## RECORDS FOR THIS EXERCISE
::::

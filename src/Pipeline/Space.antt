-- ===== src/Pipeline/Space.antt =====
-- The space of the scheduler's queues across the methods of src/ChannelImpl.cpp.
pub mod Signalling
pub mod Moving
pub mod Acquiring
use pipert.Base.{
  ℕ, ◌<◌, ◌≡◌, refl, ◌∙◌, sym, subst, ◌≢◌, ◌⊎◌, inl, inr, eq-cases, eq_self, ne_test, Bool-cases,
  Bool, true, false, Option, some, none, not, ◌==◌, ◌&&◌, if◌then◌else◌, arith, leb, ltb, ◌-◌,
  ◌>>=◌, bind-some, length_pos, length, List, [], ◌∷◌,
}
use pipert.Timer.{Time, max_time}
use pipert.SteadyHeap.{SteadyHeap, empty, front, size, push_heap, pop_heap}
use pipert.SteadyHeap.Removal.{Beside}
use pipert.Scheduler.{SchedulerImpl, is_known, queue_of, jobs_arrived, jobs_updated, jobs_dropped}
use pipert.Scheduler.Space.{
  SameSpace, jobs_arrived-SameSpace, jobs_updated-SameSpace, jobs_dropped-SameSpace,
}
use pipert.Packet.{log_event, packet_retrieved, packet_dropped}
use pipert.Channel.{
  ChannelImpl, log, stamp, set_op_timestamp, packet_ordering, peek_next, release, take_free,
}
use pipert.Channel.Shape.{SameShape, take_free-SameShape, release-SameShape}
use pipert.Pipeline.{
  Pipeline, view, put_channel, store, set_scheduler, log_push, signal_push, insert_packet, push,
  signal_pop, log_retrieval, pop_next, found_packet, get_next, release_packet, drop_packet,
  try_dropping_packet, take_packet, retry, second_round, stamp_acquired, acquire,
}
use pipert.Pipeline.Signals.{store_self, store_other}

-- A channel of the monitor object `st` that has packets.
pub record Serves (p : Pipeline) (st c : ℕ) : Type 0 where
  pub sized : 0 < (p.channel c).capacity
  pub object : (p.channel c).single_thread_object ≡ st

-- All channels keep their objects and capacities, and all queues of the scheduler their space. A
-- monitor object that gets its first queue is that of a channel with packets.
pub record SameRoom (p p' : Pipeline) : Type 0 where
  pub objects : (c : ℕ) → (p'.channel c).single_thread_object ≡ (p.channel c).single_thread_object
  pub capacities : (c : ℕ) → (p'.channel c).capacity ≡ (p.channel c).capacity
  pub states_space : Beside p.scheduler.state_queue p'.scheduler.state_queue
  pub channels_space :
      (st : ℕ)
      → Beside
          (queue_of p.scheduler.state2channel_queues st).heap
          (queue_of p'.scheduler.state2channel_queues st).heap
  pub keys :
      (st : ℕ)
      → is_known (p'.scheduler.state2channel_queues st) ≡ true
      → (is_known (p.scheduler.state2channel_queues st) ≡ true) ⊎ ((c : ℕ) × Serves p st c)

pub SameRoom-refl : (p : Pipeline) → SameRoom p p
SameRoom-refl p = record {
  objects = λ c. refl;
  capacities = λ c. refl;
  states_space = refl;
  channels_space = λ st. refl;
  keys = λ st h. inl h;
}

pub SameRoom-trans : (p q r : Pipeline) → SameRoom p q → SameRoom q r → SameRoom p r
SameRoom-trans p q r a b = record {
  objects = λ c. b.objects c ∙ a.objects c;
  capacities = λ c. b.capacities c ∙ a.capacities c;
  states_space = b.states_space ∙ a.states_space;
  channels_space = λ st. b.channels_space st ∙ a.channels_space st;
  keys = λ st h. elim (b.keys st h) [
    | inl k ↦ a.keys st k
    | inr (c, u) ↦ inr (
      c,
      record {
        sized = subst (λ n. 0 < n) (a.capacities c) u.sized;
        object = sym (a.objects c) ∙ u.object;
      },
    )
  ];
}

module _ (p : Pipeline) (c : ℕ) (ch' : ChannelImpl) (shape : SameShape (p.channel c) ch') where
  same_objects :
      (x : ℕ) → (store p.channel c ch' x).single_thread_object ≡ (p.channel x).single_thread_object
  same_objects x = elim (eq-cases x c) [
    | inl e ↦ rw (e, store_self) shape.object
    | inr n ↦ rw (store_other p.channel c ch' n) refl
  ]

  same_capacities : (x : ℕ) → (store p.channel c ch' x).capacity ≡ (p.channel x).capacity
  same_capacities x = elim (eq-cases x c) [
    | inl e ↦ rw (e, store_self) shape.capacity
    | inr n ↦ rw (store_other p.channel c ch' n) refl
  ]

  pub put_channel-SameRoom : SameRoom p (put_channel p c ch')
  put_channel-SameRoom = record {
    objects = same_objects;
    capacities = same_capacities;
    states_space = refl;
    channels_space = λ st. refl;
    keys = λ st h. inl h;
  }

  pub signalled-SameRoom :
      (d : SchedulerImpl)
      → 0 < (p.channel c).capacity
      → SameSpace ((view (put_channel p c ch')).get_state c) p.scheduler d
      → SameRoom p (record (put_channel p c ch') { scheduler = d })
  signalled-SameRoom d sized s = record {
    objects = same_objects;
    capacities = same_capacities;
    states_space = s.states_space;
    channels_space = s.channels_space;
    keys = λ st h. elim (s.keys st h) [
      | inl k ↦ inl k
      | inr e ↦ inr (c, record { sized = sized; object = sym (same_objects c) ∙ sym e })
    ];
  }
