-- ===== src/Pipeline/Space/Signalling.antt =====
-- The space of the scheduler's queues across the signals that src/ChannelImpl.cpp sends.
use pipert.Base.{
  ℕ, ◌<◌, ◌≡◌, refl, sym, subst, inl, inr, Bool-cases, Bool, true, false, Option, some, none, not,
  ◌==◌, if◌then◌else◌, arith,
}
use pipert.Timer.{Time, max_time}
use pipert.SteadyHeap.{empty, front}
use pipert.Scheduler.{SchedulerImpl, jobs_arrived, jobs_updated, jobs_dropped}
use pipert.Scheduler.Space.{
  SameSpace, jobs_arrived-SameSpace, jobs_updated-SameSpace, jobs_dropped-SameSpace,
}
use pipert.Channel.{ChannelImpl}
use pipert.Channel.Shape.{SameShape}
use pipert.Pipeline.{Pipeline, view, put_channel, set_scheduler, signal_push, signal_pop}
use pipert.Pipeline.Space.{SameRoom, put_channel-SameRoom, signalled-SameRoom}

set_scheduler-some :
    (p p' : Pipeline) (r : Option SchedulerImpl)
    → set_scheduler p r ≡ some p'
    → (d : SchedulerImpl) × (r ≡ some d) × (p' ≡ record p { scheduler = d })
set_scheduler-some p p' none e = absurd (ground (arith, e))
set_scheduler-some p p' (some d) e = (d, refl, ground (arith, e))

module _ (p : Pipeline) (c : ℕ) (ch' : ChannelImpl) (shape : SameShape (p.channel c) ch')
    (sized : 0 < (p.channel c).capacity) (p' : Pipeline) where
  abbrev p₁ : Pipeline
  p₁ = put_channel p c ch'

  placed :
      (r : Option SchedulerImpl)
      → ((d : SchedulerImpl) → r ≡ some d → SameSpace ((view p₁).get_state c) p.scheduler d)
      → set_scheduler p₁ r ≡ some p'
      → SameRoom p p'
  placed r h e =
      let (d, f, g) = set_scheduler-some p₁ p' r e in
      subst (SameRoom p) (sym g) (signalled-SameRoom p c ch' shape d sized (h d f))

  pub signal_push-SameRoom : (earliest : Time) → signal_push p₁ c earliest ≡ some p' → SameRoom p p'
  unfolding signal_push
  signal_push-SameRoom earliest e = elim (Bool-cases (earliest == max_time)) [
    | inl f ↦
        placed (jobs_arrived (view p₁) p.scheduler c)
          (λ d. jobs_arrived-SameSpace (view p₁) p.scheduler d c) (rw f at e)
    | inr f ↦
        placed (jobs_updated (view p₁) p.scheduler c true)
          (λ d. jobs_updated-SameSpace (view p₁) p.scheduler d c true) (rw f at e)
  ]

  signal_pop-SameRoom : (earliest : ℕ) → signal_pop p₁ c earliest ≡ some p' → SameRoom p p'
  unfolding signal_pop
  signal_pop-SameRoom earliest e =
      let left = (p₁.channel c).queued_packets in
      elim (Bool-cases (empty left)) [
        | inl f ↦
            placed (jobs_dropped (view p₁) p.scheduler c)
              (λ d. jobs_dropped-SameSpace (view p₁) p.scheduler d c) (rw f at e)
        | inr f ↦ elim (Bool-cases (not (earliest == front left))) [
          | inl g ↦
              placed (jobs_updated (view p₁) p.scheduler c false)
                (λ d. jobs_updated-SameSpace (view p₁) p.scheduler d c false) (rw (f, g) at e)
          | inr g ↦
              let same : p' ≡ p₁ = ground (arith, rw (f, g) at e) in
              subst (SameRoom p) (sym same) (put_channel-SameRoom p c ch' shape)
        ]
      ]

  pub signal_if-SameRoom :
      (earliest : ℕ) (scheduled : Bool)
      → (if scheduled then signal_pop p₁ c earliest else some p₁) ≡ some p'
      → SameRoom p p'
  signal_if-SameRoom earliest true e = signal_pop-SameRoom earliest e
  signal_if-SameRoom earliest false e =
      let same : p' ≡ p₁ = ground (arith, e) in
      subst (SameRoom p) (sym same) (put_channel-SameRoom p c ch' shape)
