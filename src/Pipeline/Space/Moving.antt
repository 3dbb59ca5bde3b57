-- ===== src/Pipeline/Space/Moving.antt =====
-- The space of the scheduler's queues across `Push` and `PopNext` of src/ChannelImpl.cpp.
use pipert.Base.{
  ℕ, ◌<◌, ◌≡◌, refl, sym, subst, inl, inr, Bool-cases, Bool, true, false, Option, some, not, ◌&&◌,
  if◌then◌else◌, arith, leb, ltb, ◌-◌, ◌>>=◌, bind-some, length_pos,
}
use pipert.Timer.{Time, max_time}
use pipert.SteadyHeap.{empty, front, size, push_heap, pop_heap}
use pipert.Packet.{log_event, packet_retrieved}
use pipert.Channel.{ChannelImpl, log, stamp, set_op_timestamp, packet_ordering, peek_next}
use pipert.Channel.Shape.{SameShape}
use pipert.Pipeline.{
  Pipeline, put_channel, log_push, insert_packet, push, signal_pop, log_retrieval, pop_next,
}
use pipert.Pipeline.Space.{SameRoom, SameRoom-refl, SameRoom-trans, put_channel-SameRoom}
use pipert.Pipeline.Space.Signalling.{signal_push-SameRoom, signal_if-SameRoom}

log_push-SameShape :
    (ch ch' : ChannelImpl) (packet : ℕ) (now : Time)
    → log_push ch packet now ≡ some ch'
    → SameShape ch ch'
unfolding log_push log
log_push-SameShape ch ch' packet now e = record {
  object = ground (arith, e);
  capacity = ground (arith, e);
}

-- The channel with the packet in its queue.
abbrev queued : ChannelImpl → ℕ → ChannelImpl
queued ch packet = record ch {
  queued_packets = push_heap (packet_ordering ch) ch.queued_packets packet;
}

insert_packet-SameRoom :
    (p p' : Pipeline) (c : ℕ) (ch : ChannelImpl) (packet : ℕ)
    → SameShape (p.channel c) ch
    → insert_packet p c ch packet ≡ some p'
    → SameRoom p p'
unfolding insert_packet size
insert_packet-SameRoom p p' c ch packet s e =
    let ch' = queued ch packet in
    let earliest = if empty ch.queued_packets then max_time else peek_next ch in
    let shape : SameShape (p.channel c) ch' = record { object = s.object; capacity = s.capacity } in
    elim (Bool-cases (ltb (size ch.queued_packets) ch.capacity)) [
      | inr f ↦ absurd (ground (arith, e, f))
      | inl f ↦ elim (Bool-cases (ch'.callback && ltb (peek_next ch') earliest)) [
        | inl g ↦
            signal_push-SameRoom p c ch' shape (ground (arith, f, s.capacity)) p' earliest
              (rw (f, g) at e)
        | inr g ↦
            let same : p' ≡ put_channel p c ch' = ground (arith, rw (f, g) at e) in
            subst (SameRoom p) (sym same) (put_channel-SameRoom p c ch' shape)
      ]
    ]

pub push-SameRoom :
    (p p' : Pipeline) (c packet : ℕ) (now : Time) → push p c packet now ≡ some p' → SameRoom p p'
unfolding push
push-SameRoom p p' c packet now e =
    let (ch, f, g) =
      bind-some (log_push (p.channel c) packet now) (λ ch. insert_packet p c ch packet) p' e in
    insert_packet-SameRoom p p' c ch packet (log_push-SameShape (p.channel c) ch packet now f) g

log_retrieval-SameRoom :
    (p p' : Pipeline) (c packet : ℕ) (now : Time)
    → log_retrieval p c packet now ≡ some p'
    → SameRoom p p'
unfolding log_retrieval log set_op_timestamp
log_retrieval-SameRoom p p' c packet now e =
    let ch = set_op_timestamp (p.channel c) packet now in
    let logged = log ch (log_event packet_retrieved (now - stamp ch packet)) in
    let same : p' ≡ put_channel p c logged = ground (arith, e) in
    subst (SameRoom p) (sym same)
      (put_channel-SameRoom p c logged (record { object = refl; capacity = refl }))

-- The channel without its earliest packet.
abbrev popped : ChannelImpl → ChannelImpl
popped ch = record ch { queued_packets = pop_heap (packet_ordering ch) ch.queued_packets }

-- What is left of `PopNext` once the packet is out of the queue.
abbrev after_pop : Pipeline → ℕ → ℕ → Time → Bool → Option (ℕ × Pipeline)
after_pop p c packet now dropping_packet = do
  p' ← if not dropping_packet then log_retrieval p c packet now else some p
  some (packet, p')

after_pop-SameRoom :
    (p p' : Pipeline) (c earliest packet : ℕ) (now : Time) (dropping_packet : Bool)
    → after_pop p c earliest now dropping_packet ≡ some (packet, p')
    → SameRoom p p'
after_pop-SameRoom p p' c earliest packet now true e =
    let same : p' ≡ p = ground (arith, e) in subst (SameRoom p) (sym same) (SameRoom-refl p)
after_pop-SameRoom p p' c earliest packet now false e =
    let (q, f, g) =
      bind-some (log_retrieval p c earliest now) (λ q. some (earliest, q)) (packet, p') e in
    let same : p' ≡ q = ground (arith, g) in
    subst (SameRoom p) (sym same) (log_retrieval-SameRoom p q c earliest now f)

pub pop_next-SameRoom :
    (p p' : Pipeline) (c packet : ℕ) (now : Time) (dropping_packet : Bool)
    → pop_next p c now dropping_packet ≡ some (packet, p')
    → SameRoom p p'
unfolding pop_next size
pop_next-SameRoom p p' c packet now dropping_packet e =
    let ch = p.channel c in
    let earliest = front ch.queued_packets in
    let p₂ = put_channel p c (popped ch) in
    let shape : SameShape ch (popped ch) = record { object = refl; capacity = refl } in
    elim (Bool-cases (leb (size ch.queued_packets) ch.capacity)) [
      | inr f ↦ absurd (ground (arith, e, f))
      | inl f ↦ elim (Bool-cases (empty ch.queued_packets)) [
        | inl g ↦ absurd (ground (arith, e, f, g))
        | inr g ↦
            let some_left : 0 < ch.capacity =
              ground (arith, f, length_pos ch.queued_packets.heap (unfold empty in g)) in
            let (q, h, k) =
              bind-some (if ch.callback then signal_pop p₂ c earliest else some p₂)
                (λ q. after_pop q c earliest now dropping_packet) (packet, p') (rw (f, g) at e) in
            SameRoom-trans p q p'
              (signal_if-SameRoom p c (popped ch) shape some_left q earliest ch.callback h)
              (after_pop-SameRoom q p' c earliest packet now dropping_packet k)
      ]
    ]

::::

Your answer must be a single number: how many lines in this listing hold the string "trans"? Please add nothing else.

4